Comment 6 Paolo Carlini 2010-08-13 21:00:26 UTC
You are of course wrong. Parsing something like "59e" as an integer type of course succeeds and gives "59". Really, we have *tons* of testcases about that in the testsuite. We know what we are doing ;)
Comment 7 Lucian Smith 2010-08-13 21:14:26 UTC
You're right!  Sorry; I apparently jumped to a conclusion while testing (but I did test!)

I still disagree that an 'e' with no digit following can be reasonably construed as part of an improperly-formatted float, and think it should instead be considered not part of the float at all, since properly-formatted floats have both the e and the digit.  I think you are erring on the side of assuming an error when a valid interpretation exists.
Comment 8 Paolo Carlini 2010-08-13 21:20:53 UTC
I'm not erring.
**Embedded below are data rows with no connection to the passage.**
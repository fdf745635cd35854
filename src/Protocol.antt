-- ===== src/Protocol.antt =====
-- internal/protocol: the frames and the messages of a session.
pub mod Frame
pub mod Message
mod Tests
We changes this behavior on purpose, after having also checked that *2* other, completely independent, implementations agree (ie, Dinkumware and Roguewave).
Comment 9 Lucian Smith 2010-08-13 21:40:15 UTC
Fair enough!  I still disagree, but I guess my task now is to get Dinkumware and Roguewave to change their implementations, and come back.  I don't suppose you'd be swayed by Microsoft?  I didn't think so ;-)
Comment 10 Lucian Smith 2010-08-13 21:41:20 UTC
Whoops, duh, dinkumware is ms.  Never mind, it was a dumb joke anyway.